■ Your goal
Look for the line containing "unfoldable pub group_member_params" in the listing below; from there, output every line exactly, the last one included.
★ ★ ★ ★
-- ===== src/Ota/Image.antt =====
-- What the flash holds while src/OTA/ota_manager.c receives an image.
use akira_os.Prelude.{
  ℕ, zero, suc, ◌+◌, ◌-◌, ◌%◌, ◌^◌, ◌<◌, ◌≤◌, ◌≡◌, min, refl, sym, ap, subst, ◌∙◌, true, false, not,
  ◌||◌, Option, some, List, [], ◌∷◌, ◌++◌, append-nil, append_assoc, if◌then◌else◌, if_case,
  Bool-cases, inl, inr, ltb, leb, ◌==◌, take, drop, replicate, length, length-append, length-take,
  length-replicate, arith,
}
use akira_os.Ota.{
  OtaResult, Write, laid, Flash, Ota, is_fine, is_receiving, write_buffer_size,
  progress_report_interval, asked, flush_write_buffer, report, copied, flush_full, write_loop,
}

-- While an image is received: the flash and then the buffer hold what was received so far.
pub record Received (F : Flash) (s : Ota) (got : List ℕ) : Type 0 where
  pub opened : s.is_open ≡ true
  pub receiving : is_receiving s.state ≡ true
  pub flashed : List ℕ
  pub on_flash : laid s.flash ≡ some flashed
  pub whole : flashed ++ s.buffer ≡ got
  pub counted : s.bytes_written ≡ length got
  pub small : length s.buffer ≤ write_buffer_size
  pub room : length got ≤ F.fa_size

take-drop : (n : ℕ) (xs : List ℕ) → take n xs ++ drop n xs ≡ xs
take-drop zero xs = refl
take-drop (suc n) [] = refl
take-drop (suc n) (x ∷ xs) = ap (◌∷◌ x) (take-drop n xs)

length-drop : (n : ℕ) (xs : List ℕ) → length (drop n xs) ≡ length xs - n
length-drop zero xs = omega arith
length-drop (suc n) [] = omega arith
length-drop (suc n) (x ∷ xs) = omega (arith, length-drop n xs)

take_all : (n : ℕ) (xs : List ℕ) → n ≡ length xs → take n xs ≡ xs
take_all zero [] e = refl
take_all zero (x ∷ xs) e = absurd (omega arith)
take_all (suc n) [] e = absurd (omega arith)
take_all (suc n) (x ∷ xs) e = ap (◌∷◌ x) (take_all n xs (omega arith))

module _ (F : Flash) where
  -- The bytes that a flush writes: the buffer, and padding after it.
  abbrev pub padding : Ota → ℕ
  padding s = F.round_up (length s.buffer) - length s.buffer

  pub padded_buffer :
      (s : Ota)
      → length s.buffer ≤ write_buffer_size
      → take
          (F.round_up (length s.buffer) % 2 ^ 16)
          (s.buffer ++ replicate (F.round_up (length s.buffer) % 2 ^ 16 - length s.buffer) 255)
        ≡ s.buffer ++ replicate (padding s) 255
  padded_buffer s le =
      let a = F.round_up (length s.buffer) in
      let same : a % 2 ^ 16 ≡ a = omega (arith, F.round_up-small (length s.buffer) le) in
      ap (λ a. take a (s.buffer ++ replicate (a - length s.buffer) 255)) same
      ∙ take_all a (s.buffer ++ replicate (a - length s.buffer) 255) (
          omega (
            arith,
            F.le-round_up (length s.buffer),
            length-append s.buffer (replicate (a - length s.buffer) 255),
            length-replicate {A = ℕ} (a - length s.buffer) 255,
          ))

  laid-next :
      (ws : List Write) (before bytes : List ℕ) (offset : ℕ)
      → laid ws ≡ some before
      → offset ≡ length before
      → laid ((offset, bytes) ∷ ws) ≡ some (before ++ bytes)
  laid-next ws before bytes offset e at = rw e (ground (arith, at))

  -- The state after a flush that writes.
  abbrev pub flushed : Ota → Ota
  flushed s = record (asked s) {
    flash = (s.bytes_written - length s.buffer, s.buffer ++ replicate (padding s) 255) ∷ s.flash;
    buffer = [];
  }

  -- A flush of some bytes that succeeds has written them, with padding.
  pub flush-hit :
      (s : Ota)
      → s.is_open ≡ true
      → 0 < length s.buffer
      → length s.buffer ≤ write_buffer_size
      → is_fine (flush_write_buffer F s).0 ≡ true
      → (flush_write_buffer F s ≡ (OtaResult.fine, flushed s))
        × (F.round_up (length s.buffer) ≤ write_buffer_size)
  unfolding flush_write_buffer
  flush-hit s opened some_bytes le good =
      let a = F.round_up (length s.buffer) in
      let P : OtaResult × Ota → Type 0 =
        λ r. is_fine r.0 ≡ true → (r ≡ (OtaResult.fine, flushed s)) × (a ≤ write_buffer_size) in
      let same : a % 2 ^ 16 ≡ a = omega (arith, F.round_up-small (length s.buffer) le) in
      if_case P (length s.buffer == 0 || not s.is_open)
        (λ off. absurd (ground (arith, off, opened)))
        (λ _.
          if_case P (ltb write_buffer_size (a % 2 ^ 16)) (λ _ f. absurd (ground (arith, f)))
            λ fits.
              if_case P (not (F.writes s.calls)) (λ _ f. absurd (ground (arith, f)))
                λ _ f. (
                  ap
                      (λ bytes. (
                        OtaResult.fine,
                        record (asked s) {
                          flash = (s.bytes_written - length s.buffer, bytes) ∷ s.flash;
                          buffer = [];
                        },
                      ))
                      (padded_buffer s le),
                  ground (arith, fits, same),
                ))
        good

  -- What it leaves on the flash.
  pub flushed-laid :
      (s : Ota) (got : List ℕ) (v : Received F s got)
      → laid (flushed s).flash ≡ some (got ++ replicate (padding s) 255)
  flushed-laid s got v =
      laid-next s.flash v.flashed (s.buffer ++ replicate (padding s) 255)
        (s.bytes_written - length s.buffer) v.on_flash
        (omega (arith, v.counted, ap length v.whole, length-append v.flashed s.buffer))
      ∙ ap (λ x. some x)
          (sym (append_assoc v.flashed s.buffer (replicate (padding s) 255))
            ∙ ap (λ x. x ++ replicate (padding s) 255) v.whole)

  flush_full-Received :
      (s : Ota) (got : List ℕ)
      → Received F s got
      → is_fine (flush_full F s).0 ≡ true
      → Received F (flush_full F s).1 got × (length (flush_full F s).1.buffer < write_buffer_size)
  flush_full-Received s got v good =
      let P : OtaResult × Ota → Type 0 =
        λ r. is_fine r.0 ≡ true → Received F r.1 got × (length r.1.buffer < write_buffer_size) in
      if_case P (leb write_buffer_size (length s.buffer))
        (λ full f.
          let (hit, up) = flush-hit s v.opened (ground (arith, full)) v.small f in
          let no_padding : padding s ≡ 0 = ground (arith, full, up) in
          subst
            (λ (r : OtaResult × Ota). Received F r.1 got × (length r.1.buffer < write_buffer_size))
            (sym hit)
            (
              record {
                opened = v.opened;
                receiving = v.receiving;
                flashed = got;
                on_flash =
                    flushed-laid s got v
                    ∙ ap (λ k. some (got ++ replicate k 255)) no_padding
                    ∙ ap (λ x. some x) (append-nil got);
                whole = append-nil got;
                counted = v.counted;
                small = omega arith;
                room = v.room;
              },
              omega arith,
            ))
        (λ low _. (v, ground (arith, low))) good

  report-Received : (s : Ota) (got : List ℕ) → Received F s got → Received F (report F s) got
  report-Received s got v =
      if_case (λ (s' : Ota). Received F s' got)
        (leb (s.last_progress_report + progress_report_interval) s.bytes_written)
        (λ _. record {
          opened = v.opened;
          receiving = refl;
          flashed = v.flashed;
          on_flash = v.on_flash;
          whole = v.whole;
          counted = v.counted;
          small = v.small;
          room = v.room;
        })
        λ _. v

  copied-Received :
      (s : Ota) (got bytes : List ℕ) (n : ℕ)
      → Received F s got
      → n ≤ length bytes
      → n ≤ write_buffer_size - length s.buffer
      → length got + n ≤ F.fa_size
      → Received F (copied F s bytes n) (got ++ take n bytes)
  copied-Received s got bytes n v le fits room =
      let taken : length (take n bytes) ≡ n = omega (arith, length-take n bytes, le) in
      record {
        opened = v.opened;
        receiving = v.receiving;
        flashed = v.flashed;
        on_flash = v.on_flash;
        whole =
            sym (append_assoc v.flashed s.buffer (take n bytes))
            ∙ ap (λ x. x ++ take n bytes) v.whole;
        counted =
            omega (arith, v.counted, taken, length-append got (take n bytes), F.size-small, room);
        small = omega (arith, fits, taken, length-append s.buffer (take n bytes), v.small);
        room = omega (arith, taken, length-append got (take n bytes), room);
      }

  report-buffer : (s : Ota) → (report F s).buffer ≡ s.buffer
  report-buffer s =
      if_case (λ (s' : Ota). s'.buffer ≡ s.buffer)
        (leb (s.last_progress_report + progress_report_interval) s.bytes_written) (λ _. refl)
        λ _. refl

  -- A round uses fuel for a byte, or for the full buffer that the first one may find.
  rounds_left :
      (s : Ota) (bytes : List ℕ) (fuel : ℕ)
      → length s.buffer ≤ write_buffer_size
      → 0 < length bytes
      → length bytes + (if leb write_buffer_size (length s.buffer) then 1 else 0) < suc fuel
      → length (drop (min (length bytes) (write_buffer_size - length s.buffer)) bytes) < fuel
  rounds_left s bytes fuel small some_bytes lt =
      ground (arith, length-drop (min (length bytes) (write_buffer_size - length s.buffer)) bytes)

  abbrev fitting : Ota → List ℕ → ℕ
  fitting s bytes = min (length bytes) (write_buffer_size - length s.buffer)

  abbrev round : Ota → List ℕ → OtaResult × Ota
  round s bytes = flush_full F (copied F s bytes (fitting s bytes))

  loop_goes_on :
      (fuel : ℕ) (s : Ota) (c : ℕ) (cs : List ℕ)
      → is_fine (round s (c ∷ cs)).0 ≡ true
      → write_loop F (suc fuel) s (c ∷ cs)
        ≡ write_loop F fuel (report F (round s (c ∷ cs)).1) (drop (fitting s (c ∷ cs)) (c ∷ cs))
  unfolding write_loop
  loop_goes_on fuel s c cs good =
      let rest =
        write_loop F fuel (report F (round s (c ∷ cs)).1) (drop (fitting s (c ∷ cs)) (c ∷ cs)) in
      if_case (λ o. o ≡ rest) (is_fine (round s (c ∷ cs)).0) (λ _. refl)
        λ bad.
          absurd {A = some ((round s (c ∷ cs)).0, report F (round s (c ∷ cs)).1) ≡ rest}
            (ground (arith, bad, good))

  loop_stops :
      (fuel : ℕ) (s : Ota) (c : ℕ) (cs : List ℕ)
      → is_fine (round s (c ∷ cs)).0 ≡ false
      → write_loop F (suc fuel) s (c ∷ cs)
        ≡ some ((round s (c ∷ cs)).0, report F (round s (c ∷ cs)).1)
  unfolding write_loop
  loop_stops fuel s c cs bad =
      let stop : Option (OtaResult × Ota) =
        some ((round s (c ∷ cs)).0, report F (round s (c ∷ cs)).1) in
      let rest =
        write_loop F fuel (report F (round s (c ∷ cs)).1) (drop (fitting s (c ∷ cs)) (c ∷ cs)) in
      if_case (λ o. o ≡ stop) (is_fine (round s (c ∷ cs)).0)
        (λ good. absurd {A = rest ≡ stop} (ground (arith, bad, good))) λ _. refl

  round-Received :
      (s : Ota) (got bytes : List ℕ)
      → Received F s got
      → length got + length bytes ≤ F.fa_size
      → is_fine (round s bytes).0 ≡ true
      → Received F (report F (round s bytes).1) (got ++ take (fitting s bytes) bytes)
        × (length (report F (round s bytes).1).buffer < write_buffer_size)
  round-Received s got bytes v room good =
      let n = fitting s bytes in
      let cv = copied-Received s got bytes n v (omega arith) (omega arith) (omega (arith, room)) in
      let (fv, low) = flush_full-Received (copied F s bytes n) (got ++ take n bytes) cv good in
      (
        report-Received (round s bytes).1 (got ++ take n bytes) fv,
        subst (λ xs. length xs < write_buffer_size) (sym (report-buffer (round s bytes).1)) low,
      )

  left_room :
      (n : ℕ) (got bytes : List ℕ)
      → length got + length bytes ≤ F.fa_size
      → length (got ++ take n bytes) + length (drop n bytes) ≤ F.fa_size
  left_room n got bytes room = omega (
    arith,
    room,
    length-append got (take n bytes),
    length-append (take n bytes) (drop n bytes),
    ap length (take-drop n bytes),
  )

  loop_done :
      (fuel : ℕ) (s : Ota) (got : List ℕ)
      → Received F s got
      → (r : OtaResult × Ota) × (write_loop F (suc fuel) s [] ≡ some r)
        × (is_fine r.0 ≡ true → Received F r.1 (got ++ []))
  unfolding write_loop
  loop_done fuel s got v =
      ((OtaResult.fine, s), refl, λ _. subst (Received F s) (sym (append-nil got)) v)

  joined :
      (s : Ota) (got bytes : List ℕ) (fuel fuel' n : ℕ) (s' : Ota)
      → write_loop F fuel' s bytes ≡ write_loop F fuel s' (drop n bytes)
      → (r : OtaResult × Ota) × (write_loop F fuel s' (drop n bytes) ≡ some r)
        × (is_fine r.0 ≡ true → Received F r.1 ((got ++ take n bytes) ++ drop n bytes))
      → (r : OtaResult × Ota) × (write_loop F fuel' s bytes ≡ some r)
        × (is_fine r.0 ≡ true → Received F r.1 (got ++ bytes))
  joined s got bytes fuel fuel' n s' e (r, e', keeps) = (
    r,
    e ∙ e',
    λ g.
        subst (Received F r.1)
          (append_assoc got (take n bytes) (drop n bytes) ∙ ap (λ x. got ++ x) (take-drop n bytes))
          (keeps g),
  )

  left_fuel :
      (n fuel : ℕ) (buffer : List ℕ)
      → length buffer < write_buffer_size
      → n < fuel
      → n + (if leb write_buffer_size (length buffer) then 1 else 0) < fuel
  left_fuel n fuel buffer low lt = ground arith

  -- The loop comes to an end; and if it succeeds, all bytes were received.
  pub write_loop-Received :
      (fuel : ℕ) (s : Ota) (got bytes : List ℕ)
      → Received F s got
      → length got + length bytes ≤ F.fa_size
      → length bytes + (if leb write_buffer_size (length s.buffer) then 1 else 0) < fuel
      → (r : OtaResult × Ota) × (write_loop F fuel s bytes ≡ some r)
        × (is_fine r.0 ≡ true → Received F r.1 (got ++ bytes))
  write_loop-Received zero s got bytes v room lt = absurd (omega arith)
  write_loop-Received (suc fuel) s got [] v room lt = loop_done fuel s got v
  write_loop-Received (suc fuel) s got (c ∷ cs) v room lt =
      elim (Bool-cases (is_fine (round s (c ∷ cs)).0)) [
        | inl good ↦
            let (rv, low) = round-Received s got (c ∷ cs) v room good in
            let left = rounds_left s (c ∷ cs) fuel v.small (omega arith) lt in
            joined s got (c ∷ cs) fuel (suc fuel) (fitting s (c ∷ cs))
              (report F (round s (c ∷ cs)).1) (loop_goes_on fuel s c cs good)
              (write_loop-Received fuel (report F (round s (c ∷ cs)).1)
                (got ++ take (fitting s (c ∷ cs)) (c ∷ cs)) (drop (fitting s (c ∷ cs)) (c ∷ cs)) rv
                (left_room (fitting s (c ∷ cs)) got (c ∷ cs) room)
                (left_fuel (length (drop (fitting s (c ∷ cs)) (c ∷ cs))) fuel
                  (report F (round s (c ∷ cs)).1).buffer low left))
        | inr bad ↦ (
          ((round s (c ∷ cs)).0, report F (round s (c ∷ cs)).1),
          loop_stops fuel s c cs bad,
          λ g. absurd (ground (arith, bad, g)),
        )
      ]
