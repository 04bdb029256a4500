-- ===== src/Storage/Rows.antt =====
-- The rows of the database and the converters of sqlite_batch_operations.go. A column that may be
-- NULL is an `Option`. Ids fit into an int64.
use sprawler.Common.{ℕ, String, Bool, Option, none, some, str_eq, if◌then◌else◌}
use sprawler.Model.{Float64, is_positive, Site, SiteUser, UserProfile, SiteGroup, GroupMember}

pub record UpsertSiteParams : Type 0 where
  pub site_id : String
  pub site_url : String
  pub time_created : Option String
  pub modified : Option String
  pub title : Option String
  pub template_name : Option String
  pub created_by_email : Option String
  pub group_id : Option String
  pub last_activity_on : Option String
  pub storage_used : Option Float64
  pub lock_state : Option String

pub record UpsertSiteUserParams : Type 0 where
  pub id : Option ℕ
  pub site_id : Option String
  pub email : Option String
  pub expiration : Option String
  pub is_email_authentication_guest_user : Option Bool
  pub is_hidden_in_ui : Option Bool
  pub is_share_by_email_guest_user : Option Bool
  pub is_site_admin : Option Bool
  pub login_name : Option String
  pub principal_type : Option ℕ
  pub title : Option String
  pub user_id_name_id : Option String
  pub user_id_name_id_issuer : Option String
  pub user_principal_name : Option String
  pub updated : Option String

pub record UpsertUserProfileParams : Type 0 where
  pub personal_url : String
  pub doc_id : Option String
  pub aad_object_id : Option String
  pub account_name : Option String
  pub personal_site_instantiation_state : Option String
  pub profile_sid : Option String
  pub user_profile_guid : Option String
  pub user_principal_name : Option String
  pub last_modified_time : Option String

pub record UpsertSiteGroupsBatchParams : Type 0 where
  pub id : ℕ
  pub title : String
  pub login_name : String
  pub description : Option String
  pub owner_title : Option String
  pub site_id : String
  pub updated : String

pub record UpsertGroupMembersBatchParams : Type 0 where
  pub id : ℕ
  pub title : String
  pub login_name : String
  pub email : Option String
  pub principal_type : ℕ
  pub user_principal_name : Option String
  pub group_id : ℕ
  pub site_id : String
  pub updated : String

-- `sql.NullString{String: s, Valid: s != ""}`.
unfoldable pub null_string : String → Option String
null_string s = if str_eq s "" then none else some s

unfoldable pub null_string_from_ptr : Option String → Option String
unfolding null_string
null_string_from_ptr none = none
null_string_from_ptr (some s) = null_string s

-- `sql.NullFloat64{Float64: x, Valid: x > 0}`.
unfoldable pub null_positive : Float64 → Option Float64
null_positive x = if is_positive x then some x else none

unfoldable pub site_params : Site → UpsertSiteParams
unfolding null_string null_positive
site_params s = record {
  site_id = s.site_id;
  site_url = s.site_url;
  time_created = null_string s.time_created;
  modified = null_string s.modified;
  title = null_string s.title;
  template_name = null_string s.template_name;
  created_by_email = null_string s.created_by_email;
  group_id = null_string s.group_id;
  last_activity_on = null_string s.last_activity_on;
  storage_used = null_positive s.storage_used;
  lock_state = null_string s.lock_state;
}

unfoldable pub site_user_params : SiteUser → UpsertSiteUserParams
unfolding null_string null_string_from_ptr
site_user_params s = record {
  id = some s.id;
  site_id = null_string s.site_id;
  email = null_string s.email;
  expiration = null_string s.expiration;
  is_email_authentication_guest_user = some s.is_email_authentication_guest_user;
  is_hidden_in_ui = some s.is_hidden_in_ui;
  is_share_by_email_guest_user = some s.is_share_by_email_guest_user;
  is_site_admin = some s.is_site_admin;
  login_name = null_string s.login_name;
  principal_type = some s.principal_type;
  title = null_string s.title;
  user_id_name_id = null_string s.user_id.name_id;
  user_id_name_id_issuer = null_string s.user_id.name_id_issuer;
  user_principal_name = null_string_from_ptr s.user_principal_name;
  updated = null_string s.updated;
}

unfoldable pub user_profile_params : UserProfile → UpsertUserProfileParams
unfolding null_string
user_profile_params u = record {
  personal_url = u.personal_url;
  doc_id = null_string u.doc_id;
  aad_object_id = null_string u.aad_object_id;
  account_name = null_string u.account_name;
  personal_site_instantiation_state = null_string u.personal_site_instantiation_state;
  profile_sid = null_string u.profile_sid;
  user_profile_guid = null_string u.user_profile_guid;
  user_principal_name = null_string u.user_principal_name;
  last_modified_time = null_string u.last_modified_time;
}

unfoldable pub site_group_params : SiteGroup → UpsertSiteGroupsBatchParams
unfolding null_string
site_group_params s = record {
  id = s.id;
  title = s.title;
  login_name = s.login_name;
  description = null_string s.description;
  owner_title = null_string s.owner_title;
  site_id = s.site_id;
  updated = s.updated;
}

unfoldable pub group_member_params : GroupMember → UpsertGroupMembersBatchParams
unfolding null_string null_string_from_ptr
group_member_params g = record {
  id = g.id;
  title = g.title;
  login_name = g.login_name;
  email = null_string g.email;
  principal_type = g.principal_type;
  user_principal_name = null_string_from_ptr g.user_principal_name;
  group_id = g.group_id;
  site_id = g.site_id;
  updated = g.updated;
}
★ ★ ★ ★
■ Solved exercise
unfoldable pub group_member_params : GroupMember → UpsertGroupMembersBatchParams
unfolding null_string null_string_from_ptr
group_member_params g = record {
  id = g.id;
  title = g.title;
  login_name = g.login_name;
  email = null_string g.email;
  principal_type = g.principal_type;
  user_principal_name = null_string_from_ptr g.user_principal_name;
  group_id = g.group_id;
  site_id = g.site_id;
  updated = g.updated;
}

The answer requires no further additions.